History

Canada
- Name: Atlantic Oak
- Builder: East Isle Shipyard, Georgetown
- Launched: 2004
- Home port: Halifax
- Identification: IMO number: 9295672; MMSI number: 316004240; Callsign: CFH8951;
- Status: Active

General characteristics
- Class & type: Tug
- Length: 28.79 m (94.5 ft)
- Beam: 11.14 m (36.5 ft)
- Draught: 5.24 m (17.2 ft)
- Propulsion: Twin screw
- Speed: 13 kn (24 km/h; 15 mph)

= Atlantic Oak =

Nova Scotian tug boat

Atlantic Oak is a tug boat based out of Halifax, Nova Scotia. The boat is owned by Atlantic Towing Limited, which is owned by Irving Shipbuilding. Atlantic Oak was built by East Isle Shipyard Ltd. in Prince Edward Island and was commissioned in 2004. One of the boat's duties in the Harbour is to assist in launches at the Halifax Shipyard. The boat guides many tankers and bulk freighters along with other large ships into port.

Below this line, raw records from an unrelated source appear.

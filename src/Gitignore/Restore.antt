-- ===== src/Gitignore/Restore.antt =====
-- ddb/feature/gitignore/actions.py: `remove` takes off a `.gitignore` what `execute` put there.
use docker_devbox_ddb.Prelude.{
  String, true, false, some, List, [], ◌∷◌, ◌++◌, ◌==◌, contains, remove?, eq_string, ◌≡◌, refl, ap,
  ◌∙◌, eq_refl, arith, All, drop_last-snoc, append_assoc, append-nil,
}
use docker_devbox_ddb.Gitignore.{
  Markers, get_block_limit, is_block_limit, sanitize_block, has_text, write_gitignore_content,
  read_and_split, add_target, remove_target, ends_by_start,
}
use docker_devbox_ddb.Gitignore.Split.{
  IsPlain, IsStart, IsEnd, split-managed, split-plain, get_block_limit-IsStart,
  get_block_limit-IsEnd,
}

module _ (markers : Markers) where
  -- The file with a block of its own behind the lines that it had
  abbrev pub with_block : List String → List String → List String
  with_block lines content =
      lines ++ get_block_limit markers true ∷ (content ++ get_block_limit markers false ∷ [])

  plain_last :
      (lines : List String) → All (IsPlain markers) lines → ends_by_start markers lines ≡ false
  unfolding ends_by_start
  plain_last [] p = refl
  plain_last (x ∷ []) p = p.0.0
  plain_last (x ∷ y ∷ lines) p = plain_last (y ∷ lines) p.1

  start_last :
      (lines : List String) (s : String)
      → ends_by_start markers (lines ++ s ∷ []) ≡ is_block_limit markers s true
  unfolding ends_by_start
  start_last [] s = refl
  start_last (x ∷ []) s = refl
  start_last (x ∷ y ∷ lines) s = start_last (y ∷ lines) s

  has_text-append : (xs ys : List String) → has_text ys ≡ true → has_text (xs ++ ys) ≡ true
  has_text-append [] ys h = h
  has_text-append (x ∷ xs) ys h = ground (arith, has_text-append xs ys h)

  -- A target that is put in a file without limits stands alone in a block behind the file's lines.
  pub add_target-plain :
      (lines : List String) (target : String)
      → All (IsPlain markers) lines
      → (target == "") ≡ false
      → add_target markers target (some lines) ≡ some (with_block lines (target ∷ []))
  unfolding add_target read_and_split sanitize_block write_gitignore_content contains
  add_target-plain lines target p filled =
      rw
        (
          split-plain markers lines p,
          filled,
          plain_last lines p,
          append_assoc lines (get_block_limit markers true ∷ []) _,
          has_text-append lines
              (get_block_limit markers true ∷ target ∷ get_block_limit markers false ∷ [])
              (ground arith),
        )
        refl

  -- Taking the only target of a block off leaves the lines before the block, or no file where none
  -- of them has text.
  pub remove_target-alone :
      (lines : List String) (target : String)
      → All (IsPlain markers) lines
      → IsPlain markers target
      → remove_target markers target (some (with_block lines (target ∷ [])))
        ≡ write_gitignore_content lines
  unfolding remove_target read_and_split sanitize_block remove?
  remove_target-alone lines target p pt =
      let start = get_block_limit-IsStart markers in
      let stop = get_block_limit-IsEnd markers in
      rw
        (
          split-managed markers lines (target ∷ []) [] (get_block_limit markers true)
              (get_block_limit markers false) p (pt, tt) start stop,
          eq_refl,
          start_last lines (get_block_limit markers true),
          start.starts,
          stop.ends,
          drop_last-snoc lines (get_block_limit markers true),
          append-nil,
        )
        refl

  -- In a file without limits, a target that is put and removed leaves the file as it was, or
  -- removes the file where none of its lines has text.
  pub remove-add_target :
      (lines : List String) (target : String)
      → All (IsPlain markers) lines
      → IsPlain markers target
      → (target == "") ≡ false
      → remove_target markers target (add_target markers target (some lines))
        ≡ write_gitignore_content lines
  remove-add_target lines target p pt filled =
      ap (remove_target markers target) (add_target-plain lines target p filled)
      ∙ remove_target-alone lines target p pt

  -- In a file that has the block, a target that is not in it goes to the end of the block, which is
  -- not sorted; every other line stays where it is.
  pub add_target-managed :
      (lines content rest : List String) (target s e : String)
      → All (IsPlain markers) lines
      → All (IsPlain markers) content
      → IsStart markers s
      → IsEnd markers e
      → (target == "") ≡ false
      → contains content target ≡ false
      → add_target markers target (some (lines ++ s ∷ (content ++ e ∷ rest)))
        ≡ some (lines ++ s ∷ (content ++ target ∷ e ∷ rest))
  unfolding add_target read_and_split sanitize_block write_gitignore_content
  add_target-managed lines content rest target s e p pc st en filled fresh =
      rw
        (
          split-managed markers lines content rest s e p pc st en,
          fresh,
          has_text-append content (target ∷ []) (ground arith),
          start_last lines s,
          st.starts,
          en.ends,
          append_assoc lines (s ∷ []) _,
          append_assoc content (target ∷ []) (e ∷ rest),
          has_text-append lines (s ∷ (content ++ target ∷ e ∷ rest))
              (ground (arith, has_text-append content (target ∷ e ∷ rest) (ground arith))),
        )
        refl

==General characteristics==
Atlantic Oak is a Z-drive class, with two Aquamaster US 225, Twin screw tug built to a design first used for the tug Atlantic Spruce. The boat has two Caterpillar 3516 HD engines with a top speed of 13 Knots. The boat carries on-board firefighting equipment and has an 80 tonne deck capacity. The boat is 28.79 m long, 11.14 m wide and draws 5.24 5.24 m.
== Notable events==
In 2008 the dredging barge Shovel Master capsized after experiencing rough seas while being towed by Atlantic Larch from Saint John to Halifax for a refit. The crew were rescued by a CH-149 Cormorant search and rescue helicopter shortly before the barge capsized near Yarmouth. Atlantic Oak towed the capsized, but still floating barge, for only 150m before it sank, spilling thousands of gallons of diesel fuel, hydraulic fluid and waste oil.

On Jan 15th, 2013 the boat was seen guiding the damaged HMCS Athabaskan into dock at the NC jetty in Halifax.